Do any of you have access or know of someone who has or makes these parts? I can post lots of pictures of the parts I have, dimensions etc for whoever needs them.
Thanks.

Regards

Skipd1


----------



## Chuck K (Apr 1, 2013)

Skip, I have bought lathes that were loose like that on both the cross slide and the compound.  Have you tried adjusting the nuts in front of and behind the handle?  It seems like a simple thing but I've seen it overlooked on a lot of lathes.  Also there can be a sloppy fit between the nut and the casting on the compound.  If it's in the dial/handle maybe you can try a spacer or washer to tighten it up.  Good luck.

Chuck


----------



## Ulma Doctor (Apr 2, 2013)

if i got what you are saying Skipd1, you have a lot of backlash in the brass compound nut and the screw..
take a close look at the acme threads near the end on both sides and then in the middle, are the threads still square in the middle of the compound screw? if so you may need a screw and brass nut if they are both worn out:banghead:


----------



## GK1918 (Apr 2, 2013)

Although my quick fix is really just a bandade, I just cut some washers from that milk container plastic stuff
and shimmed up the graduated coller.  That got rid of 95% of the play.  Somewhere, someone did an
article on the correct fix, remachining the snout thats usually what is worn.


----------



## skipd1 (Apr 2, 2013)

Chuck K said:


> Skip, I have bought lathes that were loose like that on both the cross slide and the compound.  Have you tried adjusting the nuts in front of and behind the handle?  It seems like a simple thing but I've seen it overlooked on a lot of lathes.  Also there can be a sloppy fit between the nut and the casting on the compound.  If it's in the dial/handle maybe you can try a spacer or washer to tighten it up.  Good luck.
> 
> Chuck



Chuck-
There isn't a nut on the end of the compound or cross feed handles, they are pinned on the shift with 1/8" pins.

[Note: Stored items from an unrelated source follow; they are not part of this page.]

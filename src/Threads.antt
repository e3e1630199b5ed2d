-- ===== src/Threads.antt =====
-- Goroutines that call methods, each of which holds one mutex from its first statement to its
-- return, as `s.mu.Lock(); defer s.mu.Unlock()` has it. Which mutex a method takes, and the code
-- between, are parameters. Vault.Goroutines and Vault.Race use this for
-- vault.go.
pub mod Inside
pub mod Replay
pub mod Progress
pub mod Paused
use touchvault.Base.{update, ℕ, List, [], ◌∷◌, Option, some, none, if◌then◌else◌, ◌==◌}
use touchvault.Errors.{Result}
use touchvault.Effects.{M}
use touchvault.Effects.Programs.{Prog, done, tick}

-- Where a goroutine stands: in no call, at the `Lock` of the mutex, or past it with what is left.
pub data Thread (S O A : Type 0) : Type 0 where
  idle : Thread S O A
  waits : O → Thread S O A
  runs : O → Prog S A → Thread S O A

-- The calls that have returned, the latest first: who called, what, and the result.
abbrev pub Log : Type 0 → Type 0 → Type 0
Log O A = List (ℕ × O × Result A)

-- Goroutines and mutexes have numbers. `holder` is the goroutine that a mutex is locked by.
pub record System (S O A : Type 0) : Type 0 where
  pub shared : S
  pub holder : ℕ → Option ℕ
  pub thread : ℕ → Thread S O A
  pub log : Log O A

-- A goroutine that is in no call makes one, or a goroutine takes its next step.
pub data Event (O : Type 0) : Type 0 where
  calls : ℕ → O → Event O
  goes : ℕ → Event O

abbrev pub begin : {S O A : Type 0} → S → System S O A
begin s = record { shared = s; holder = λ m. none; thread = λ i. idle; log = [] }

module _ {S O A : Type 0} (mutex_of : O → ℕ) (body : O → Prog S A) where
  -- One step of a goroutine. At a mutex that is locked it stays where it is.
  unfoldable pub go : ℕ → Thread S O A → System S O A → System S O A
  go i idle y = y
  go i (waits o) y = elim (y.holder (mutex_of o)) [
    | none ↦ record y {
      holder = update y.holder (mutex_of o) (some i);
      thread = update y.thread i (runs o (body o));
    }
    | some j ↦ y
  ]
  go i (runs o (done r)) y = record y {
    holder = update y.holder (mutex_of o) none;
    thread = update y.thread i idle;
    log = (i, o, r) ∷ y.log;
  }
  go i (runs o (tick f k)) y = record y {
    shared = f y.shared;
    thread = update y.thread i (runs o (k y.shared));
  }

  unfoldable pub start_call : ℕ → O → Thread S O A → System S O A → System S O A
  start_call i o idle y = record y { thread = update y.thread i (waits o) }
  start_call i o (waits p) y = y
  start_call i o (runs p q) y = y

  unfoldable pub turn : Event O → System S O A → System S O A
  turn (calls i o) y = start_call i o (y.thread i) y
  turn (goes i) y = go i (y.thread i) y

  -- A schedule: the events one after another.
  unfoldable pub turns : List (Event O) → System S O A → System S O A
  turns [] y = y
  turns (e ∷ es) y = turns es (turn e y)

-- The calls of a log made one after another, the oldest first, each alone: their results in the
-- form of a log, and the state after them. What a call does alone is given.
unfoldable pub replay : {S O A : Type 0} → (O → M S A) → Log O A → S → Log O A × S
replay alone [] s = ([], s)
replay alone ((i, o, _) ∷ log) s =
    let (older, t) = replay alone log s in let (r, u) = alone o t in ((i, o, r) ∷ older, u)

I suppose if the nuts are okay that I will have to design some shims between the collar and the dial

Skipdi


----------



## skipd1 (Apr 2, 2013)

Ulma Doctor said:


> if i got what you are saying Skipd1, you have a lot of backlash in the brass compound nut and the screw..
> take a close look at the acme threads near the end on both sides and then in the middle, are the threads still square in the middle of the compound screw? if so you may need a screw and brass nut if they are both worn out:banghead:



I rechecked both the cross feed and compound screws and their nuts and they are in good shape with no play or appreciable wear. Also the pin has a nice tight fit on the compound. I guess I will just try to make some shims between the collars and handles on both screws and call it good. I wonder if they make real small, thin thrust washers I could use instead of making a shim.  
I like the idea of using a caliper or DRO on the compound. Thanks

skipd1


----------



## Chuck K (Apr 2, 2013)

skipd1 said:


> Chuck-
> There isn't a nut on the end of the compound or cross feed handles, they are pinned on the shift with 1/8" pins. I suppose if the nuts are okay that I will have to design some shims between the collar and the dial
> 
> Skipdi



Well that kind of blows...Sounds like shims are the route to go. As long as you get the right amount of end play and keep it oiled it should work smooth.

Chuck


----------



## skipd1 (Apr 3, 2013)

Chuck K said:


> Well that kind of blows...Sounds like shims are the route to go. As long as you get the right amount of end play and keep it oiled it should work smooth.
> 
> Chuck



Here is some pics of my compound with a new .008 brass shim that keeps most of the play out and still allows the graduated collar to spin. Removing the pin was a major pain to do without damaging the shaft or handle.
The last pic is of the cross feed components as well.


----------



## Chuck K (Apr 4, 2013)

Skip, Looks like that should work.  Now you need to make a small thumb screw to replace the set screw in the dial.  I hate fumbling around for an allan wrench when I want to change the position of the dial.

Chuck


----------



## skipd1 (Apr 4, 2013)

Chuck K said:


> Skip, Looks like that should work.  Now you need to make a small thumb screw to replace the set screw in the dial.  I hate fumbling around for an allan wrench when I want to change the position of the dial.
> 
> Chuck



Chuck-
That's a great idea, thanks

skipd1


----------